_Activity_
Repeat exactly, please, the opening lines of the data below, through and including the line where "pub command_timeout_secs : ℕ" sits.

Saved entries:
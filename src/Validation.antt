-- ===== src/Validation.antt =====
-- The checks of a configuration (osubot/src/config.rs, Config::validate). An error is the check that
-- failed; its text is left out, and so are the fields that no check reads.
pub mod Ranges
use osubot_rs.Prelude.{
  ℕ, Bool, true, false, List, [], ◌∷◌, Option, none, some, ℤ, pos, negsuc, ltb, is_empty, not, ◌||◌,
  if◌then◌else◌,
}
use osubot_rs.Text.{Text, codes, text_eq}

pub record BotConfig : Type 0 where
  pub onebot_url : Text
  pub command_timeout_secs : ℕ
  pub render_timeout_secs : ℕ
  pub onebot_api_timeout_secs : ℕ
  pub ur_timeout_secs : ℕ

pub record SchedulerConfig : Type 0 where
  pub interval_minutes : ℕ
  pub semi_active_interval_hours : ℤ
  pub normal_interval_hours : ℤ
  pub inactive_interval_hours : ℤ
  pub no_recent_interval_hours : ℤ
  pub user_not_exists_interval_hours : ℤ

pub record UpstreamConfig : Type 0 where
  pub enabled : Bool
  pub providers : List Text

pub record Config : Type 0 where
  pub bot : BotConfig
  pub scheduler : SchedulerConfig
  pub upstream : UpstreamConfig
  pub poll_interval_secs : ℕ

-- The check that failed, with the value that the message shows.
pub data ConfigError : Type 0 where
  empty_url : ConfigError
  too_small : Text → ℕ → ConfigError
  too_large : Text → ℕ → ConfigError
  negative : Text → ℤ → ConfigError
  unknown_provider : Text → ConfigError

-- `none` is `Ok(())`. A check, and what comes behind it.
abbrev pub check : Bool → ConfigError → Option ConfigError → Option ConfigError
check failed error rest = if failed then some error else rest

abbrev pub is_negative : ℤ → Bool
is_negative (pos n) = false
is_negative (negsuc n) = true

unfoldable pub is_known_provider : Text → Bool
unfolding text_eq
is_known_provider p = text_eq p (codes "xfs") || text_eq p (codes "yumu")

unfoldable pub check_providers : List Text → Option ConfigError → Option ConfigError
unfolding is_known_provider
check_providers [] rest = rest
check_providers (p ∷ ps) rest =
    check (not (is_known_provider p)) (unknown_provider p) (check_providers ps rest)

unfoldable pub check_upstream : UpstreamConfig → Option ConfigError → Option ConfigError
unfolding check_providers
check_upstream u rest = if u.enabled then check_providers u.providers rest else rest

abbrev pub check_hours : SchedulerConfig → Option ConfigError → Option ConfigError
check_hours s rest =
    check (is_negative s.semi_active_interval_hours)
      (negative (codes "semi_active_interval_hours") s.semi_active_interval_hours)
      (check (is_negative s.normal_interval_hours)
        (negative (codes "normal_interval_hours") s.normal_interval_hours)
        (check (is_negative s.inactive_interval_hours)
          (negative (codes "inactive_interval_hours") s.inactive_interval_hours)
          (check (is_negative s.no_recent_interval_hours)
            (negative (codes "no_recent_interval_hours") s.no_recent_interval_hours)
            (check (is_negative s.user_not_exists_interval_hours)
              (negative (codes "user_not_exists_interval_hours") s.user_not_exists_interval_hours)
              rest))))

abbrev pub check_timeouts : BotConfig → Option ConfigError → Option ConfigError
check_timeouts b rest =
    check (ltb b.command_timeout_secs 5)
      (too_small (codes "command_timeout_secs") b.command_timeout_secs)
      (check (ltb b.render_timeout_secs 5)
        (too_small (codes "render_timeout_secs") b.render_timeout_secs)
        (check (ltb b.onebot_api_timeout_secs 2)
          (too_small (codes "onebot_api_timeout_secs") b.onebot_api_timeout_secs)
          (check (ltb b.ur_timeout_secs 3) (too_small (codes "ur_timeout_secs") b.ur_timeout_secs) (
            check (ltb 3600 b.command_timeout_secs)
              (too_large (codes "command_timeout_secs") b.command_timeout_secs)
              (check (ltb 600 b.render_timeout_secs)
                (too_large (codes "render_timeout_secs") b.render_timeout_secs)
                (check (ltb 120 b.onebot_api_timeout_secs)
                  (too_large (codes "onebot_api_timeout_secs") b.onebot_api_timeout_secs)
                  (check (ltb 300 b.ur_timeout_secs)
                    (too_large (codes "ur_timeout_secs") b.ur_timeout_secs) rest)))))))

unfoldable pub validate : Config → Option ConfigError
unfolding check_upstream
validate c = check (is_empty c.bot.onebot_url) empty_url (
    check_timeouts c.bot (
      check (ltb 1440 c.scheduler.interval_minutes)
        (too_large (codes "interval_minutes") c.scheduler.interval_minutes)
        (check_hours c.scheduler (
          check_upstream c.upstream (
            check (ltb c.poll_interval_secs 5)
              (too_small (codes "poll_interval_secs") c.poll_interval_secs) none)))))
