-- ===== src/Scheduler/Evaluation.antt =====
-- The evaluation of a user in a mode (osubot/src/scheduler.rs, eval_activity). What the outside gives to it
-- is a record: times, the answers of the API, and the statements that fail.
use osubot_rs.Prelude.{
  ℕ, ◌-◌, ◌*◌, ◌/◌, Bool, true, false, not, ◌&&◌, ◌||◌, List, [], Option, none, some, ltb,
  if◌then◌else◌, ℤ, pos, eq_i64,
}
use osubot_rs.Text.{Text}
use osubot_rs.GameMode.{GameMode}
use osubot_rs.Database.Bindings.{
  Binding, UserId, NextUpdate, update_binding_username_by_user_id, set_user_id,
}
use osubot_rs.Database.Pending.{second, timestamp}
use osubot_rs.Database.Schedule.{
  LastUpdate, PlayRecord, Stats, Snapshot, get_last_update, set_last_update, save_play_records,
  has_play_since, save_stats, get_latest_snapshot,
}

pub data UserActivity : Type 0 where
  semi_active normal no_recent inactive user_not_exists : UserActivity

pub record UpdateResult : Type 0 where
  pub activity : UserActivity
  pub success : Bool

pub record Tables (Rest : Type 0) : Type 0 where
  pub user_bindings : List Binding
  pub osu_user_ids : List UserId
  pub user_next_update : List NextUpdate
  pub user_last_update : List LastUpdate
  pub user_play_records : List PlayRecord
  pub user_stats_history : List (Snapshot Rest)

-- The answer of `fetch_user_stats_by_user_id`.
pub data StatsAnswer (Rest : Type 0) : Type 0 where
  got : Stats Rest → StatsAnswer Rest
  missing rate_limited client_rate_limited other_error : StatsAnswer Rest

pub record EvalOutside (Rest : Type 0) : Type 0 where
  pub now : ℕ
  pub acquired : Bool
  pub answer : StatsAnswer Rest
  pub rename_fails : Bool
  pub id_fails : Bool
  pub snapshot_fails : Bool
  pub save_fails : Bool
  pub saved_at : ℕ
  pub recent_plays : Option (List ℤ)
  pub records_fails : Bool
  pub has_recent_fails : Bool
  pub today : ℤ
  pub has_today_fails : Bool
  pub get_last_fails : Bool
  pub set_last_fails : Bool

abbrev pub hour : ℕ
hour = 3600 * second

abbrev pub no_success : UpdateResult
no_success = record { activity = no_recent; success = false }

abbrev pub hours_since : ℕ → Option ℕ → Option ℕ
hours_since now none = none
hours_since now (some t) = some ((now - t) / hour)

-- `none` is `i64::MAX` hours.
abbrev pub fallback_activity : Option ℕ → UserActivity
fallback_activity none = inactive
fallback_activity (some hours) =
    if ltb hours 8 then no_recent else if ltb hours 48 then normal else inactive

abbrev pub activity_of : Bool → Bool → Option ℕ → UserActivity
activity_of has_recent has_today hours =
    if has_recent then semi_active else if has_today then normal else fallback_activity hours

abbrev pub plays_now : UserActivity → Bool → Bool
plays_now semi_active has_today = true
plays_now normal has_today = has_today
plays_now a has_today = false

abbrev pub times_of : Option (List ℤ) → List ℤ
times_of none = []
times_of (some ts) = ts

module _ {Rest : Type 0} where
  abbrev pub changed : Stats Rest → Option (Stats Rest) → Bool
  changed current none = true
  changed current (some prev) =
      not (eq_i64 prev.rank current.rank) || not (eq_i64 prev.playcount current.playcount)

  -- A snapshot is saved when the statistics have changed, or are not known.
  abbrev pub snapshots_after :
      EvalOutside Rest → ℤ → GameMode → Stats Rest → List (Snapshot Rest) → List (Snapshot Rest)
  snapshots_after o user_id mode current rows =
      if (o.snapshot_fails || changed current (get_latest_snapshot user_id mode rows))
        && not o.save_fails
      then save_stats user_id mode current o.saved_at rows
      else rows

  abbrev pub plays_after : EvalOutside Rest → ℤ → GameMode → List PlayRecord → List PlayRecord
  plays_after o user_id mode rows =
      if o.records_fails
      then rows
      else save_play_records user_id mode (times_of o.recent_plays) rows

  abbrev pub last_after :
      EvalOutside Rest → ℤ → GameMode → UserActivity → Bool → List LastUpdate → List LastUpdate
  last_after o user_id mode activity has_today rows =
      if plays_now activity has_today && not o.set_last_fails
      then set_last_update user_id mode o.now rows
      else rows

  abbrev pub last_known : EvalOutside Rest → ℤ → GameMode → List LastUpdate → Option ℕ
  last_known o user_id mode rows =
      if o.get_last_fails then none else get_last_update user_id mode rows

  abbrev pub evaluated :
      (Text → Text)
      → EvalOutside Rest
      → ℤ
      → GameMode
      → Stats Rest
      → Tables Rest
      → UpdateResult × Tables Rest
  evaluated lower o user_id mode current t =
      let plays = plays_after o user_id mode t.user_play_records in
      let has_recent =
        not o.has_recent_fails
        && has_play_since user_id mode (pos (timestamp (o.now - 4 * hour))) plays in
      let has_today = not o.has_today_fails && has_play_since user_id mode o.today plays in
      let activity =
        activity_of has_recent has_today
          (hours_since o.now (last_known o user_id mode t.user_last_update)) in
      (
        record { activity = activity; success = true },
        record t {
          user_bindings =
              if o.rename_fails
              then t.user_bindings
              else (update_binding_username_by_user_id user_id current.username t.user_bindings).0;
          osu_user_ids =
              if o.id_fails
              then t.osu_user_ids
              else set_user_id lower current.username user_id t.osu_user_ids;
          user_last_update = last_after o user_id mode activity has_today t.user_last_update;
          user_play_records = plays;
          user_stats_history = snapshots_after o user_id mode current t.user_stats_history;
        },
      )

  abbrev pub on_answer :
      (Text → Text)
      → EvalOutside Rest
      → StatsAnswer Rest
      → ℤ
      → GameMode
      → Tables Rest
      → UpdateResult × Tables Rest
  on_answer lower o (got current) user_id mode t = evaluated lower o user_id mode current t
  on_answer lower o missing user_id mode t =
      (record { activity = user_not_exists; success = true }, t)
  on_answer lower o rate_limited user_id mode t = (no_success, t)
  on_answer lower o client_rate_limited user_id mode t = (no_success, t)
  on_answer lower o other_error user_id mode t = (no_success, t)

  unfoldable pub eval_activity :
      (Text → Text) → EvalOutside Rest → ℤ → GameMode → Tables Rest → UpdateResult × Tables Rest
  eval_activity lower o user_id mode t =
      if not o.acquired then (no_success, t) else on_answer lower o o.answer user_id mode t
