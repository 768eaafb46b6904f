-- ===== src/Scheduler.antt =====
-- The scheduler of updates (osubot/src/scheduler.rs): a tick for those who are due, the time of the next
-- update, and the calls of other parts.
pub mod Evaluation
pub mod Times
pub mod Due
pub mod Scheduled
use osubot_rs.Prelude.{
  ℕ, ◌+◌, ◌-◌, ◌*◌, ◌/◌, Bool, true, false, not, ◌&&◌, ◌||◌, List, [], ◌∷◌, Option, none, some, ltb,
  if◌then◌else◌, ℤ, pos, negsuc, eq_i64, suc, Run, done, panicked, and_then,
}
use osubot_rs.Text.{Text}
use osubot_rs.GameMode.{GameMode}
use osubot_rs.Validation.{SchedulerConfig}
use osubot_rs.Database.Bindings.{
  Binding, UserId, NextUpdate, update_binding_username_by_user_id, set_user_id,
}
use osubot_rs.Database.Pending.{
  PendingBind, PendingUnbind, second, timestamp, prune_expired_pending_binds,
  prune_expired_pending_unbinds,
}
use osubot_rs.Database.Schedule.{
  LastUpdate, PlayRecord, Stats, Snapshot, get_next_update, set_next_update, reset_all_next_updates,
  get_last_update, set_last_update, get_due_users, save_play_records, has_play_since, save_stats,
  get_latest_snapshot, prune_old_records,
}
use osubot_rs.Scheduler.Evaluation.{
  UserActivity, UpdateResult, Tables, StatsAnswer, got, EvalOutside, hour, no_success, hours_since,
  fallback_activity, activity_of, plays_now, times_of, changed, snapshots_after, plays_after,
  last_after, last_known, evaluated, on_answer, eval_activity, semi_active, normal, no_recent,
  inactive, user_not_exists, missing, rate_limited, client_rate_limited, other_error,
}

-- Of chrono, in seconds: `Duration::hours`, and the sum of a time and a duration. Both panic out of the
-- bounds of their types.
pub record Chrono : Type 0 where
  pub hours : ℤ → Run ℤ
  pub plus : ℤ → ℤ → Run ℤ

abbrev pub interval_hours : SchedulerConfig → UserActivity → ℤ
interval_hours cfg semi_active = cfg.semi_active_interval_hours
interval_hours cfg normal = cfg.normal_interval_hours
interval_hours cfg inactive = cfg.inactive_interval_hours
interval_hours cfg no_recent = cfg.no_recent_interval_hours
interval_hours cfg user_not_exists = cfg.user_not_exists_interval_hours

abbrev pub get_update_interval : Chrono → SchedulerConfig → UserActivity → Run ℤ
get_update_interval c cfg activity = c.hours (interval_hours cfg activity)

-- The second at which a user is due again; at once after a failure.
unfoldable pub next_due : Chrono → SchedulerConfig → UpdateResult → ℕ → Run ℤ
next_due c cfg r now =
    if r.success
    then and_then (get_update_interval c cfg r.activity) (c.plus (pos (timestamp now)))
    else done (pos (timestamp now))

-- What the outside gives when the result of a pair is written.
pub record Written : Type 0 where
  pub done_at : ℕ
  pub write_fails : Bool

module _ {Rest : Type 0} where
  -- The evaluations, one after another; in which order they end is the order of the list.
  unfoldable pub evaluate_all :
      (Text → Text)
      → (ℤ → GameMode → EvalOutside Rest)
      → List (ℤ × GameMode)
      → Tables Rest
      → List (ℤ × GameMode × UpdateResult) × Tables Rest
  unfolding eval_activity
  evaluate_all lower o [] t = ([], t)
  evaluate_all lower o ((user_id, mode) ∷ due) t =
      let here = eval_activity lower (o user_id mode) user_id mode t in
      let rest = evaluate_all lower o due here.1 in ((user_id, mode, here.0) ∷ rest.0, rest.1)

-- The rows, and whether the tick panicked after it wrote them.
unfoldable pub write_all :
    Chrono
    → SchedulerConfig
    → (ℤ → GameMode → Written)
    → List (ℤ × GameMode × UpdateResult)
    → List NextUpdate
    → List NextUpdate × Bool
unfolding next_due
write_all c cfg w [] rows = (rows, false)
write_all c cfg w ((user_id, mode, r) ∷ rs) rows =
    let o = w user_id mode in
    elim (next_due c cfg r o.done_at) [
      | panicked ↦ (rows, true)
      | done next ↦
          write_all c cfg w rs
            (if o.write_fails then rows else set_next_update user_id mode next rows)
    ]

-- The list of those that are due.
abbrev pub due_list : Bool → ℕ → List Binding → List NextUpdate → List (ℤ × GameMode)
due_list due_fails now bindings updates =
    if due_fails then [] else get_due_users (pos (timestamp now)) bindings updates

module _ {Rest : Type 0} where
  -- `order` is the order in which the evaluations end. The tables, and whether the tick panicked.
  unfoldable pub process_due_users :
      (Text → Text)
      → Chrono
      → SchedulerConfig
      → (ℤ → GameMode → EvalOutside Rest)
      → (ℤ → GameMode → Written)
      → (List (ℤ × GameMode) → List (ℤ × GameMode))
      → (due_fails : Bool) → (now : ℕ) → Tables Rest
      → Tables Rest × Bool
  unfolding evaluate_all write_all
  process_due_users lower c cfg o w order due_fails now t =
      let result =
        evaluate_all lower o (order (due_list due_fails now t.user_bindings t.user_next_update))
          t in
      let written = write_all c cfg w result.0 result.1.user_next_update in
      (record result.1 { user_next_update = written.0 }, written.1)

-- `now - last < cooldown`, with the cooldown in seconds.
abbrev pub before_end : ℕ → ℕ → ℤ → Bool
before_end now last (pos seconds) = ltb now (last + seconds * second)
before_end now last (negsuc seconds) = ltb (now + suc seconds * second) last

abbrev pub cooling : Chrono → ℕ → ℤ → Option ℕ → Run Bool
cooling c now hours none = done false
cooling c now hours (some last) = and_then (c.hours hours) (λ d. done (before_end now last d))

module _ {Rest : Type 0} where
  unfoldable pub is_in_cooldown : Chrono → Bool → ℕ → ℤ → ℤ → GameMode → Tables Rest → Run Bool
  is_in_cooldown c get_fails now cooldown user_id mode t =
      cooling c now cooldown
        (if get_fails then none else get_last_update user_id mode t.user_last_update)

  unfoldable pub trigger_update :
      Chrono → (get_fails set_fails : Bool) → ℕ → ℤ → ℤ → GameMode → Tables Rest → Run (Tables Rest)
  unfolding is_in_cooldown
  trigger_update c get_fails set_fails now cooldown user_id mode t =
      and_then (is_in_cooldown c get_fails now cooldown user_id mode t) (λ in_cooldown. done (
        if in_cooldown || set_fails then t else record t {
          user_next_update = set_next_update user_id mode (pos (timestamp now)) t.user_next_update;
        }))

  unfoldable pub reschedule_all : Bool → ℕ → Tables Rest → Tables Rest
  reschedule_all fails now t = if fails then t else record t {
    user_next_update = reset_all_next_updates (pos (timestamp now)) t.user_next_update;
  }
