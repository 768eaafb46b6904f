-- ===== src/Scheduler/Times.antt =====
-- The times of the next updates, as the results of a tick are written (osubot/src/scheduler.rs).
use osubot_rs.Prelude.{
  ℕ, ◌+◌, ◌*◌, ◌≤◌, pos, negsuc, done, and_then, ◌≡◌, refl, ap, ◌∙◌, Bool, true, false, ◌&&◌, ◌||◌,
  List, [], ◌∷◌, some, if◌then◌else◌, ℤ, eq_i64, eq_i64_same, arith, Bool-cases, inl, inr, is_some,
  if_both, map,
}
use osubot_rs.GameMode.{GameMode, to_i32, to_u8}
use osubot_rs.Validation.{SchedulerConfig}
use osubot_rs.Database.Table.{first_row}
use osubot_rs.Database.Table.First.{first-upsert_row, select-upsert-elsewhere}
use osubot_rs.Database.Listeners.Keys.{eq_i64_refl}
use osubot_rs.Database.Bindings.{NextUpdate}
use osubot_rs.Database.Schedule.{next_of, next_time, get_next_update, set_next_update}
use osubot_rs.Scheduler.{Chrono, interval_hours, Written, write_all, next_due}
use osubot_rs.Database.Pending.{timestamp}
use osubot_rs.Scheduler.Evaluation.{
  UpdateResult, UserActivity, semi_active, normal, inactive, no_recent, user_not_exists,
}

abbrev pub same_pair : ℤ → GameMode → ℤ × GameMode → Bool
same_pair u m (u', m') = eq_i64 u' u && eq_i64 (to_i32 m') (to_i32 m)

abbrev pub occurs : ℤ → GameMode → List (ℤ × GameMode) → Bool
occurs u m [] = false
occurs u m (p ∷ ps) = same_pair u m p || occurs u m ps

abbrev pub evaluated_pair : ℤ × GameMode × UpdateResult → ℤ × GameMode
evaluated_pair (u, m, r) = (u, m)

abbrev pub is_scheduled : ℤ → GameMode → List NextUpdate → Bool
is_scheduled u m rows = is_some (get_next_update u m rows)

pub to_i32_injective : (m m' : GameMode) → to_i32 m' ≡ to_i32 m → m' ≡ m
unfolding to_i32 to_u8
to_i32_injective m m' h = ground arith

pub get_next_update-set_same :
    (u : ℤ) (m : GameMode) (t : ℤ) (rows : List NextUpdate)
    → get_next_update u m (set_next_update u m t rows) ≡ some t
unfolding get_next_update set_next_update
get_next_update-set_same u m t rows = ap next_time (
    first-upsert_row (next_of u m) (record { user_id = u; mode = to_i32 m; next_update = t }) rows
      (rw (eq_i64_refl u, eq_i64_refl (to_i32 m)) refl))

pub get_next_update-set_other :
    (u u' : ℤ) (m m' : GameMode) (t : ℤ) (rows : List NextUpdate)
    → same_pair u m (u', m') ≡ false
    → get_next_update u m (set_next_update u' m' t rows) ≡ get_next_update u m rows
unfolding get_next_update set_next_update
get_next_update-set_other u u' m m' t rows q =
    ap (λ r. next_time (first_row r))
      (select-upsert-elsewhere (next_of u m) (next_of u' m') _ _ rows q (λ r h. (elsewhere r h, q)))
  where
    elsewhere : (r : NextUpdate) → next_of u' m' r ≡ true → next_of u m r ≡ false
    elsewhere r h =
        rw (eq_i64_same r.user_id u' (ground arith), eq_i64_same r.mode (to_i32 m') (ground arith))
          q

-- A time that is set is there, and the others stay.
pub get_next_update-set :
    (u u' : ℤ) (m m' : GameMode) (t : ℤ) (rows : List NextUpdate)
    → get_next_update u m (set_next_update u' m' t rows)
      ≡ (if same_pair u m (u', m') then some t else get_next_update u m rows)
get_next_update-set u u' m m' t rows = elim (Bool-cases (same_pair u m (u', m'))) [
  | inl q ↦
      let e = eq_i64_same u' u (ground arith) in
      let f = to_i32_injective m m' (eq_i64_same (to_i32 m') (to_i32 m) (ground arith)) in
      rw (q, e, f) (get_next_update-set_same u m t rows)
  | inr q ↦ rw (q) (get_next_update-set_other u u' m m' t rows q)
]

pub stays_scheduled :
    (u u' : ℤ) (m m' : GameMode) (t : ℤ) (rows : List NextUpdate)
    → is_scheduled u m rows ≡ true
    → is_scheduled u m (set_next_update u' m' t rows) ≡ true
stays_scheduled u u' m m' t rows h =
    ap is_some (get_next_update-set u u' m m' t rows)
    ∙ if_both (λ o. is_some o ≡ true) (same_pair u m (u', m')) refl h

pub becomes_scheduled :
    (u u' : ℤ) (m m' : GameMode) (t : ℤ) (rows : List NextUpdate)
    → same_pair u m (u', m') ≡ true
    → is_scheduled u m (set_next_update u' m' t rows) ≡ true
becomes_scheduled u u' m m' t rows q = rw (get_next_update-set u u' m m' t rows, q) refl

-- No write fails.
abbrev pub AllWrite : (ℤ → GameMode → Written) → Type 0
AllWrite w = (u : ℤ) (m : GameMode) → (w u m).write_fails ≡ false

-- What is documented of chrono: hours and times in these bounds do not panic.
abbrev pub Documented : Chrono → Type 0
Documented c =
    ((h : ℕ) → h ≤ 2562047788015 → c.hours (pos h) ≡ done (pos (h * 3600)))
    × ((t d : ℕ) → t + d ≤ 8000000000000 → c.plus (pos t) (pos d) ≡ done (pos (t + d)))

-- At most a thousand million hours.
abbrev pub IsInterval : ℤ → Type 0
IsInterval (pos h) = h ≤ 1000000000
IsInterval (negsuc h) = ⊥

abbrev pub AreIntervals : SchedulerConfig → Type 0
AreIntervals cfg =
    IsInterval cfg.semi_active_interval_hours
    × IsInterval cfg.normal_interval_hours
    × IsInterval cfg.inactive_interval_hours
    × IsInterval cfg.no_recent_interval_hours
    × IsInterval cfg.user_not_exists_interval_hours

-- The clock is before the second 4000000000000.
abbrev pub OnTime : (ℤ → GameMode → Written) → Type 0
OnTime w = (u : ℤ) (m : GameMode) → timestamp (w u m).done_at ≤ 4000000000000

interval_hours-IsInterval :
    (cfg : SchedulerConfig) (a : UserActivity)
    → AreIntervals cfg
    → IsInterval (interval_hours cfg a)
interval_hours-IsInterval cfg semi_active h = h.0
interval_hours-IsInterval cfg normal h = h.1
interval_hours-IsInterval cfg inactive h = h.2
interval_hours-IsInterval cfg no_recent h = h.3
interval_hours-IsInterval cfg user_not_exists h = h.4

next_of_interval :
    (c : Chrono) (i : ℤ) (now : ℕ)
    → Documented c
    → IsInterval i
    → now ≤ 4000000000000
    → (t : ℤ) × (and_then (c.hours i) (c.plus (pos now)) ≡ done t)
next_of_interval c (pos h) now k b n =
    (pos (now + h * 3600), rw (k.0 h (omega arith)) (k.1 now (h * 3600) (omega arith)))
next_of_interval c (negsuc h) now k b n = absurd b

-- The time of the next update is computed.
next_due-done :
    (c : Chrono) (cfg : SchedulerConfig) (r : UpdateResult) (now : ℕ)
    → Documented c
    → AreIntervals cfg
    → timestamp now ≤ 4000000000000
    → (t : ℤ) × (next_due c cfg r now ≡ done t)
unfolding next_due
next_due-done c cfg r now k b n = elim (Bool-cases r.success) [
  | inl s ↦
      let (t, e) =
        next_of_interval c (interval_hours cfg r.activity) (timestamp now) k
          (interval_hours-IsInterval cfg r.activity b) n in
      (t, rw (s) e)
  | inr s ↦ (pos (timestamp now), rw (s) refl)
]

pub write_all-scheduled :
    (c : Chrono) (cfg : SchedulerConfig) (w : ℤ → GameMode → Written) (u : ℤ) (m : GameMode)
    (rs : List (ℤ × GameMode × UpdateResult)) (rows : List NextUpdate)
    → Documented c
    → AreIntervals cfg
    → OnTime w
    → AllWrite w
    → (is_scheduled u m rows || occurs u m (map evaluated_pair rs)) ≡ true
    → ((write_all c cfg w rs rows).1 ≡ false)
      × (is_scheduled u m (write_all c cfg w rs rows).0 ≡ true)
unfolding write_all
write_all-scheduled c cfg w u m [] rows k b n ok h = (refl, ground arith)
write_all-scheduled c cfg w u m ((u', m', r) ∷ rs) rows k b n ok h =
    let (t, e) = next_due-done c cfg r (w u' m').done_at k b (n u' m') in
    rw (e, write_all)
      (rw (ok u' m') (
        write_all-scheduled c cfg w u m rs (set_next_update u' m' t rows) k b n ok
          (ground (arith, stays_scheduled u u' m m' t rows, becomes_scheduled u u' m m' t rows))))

_Written reply_
filename src/Validation.antt
-- ===== src/Validation.antt =====
-- The checks of a configuration (osubot/src/config.rs, Config::validate). An error is the check that
-- failed; its text is left out, and so are the fields that no check reads.
pub mod Ranges
use osubot_rs.Prelude.{
  ℕ, Bool, true, false, List, [], ◌∷◌, Option, none, some, ℤ, pos, negsuc, ltb, is_empty, not, ◌||◌,
  if◌then◌else◌,
}
use osubot_rs.Text.{Text, codes, text_eq}

pub record BotConfig : Type 0 where
  pub onebot_url : Text
  pub command_timeout_secs : ℕ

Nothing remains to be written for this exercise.